Die Initiative könnte zur Kündigung der EMRK führen. Doch noch vor ihrer Lancierung liegen bereits handfeste Austrittsforderungen auf dem Tisch: Der Vertreter der Schweizerischen Volkspartei im Bundesrat, der schweizerischen Regierung, hat in diesem Gremium formell die Kündigung der EMRK beantragt. Ich kann Astrid Epiney nur darin beipflichten, dass die Einführung entsprechender Regelungen in der Verfassung aus rechtsstaatlichen Gesichtspunkten höchst problematisch wäre. In besonderem Maße gälte dies auch für die Kündigung der EMRK. Hierzu möchte ich nun noch etwas genauer ausführen.
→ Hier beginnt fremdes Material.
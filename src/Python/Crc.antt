-- ===== src/Python/Crc.antt =====
-- zlib.crc32: the reflected CRC-32 with polynomial 0xEDB88320, one bit at a time.
use Prim.Native.Nat.{bit_xor}
use ecu_telemetry.Prelude.{ℕ, zero, suc, ◌/◌, ◌%◌, ◌≡◌, refl, List, [], ◌∷◌, ◌==◌, if◌then◌else◌}

shift_bit : ℕ → ℕ
shift_bit c = if c % 2 == 0 then c / 2 else bit_xor (c / 2) 0xEDB88320

shift_bits : ℕ → ℕ → ℕ
unfolding shift_bit
shift_bits zero c = c
shift_bits (suc n) c = shift_bits n (shift_bit c)

crc_loop : ℕ → List ℕ → ℕ
unfolding shift_bits
crc_loop c [] = c
crc_loop c (b ∷ bs) = crc_loop (shift_bits 8 (bit_xor c b)) bs

unfoldable pub crc32 : List ℕ → ℕ
unfolding crc_loop
crc32 bs = bit_xor (crc_loop 0xFFFFFFFF bs) 0xFFFFFFFF

-- The check value of the standard: crc32(b"123456789").
crc32_check : crc32 (49 ∷ 50 ∷ 51 ∷ 52 ∷ 53 ∷ 54 ∷ 55 ∷ 56 ∷ 57 ∷ []) ≡ 0xCBF43926
unfolding crc32
crc32_check = refl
Zunächst ist es schlicht undifferenziert, wenn das Völkerrecht als „fremdes“ Recht bezeichnet wird. Leider gelingt es immer wieder, mit Schlagwörtern dieser Art Wähler zu gewinnen. Trotzdem ist eine solche Bezeichnung irreführend: Obwohl in einer immer stärker vernetzten Welt internationale Kooperation oft unumgänglich ist und völkerrechtliche Bindung damit nicht immer aus vollkommen freiem Willen eingegangen wird, braucht es nichtsdestotrotz eine freiwillige Erklärung, gebunden sein zu wollen. In der Schweiz gelten dabei aus einer rechtsvergleichenden Perspektive einzigartige Bestimmungen: Erstens bestehen vergleichsweise weitreichende parlamentarische Mitwirkungsrechte bereits in der Phase der Aushandlung völkerrechtlicher Verträge, wodurch das Parlament nicht wie in vielen Ländern vor einen fait accompli gestellt wird und bereits fertig ausgehandelte Verträge nur entweder genehmigen oder verwerfen kann. Und außerdem bestehen direkt-demokratische Partizipationsmöglichkeiten auch mit Bezug auf das Völkerrecht: Die Mehrheit der völkerrechtlichen Verträge untersteht heute in der Schweiz dem Referendum und kann damit vom Volk abgelehnt werden – und trotzdem wurde davon seit der Einführung lediglich in seltenen Ausnahmefällen Gebrauch gemacht. Diese Mitspracherechte machen deutlich, dass Volk und Parlament an der völkerrechtlichen Bindung durchaus beteiligt sind und sich Völkerrecht so bis zu einem gewissen Grad zu „Eigen“ machen. Von „fremdem“ Recht kann damit jedenfalls nicht die Rede sein.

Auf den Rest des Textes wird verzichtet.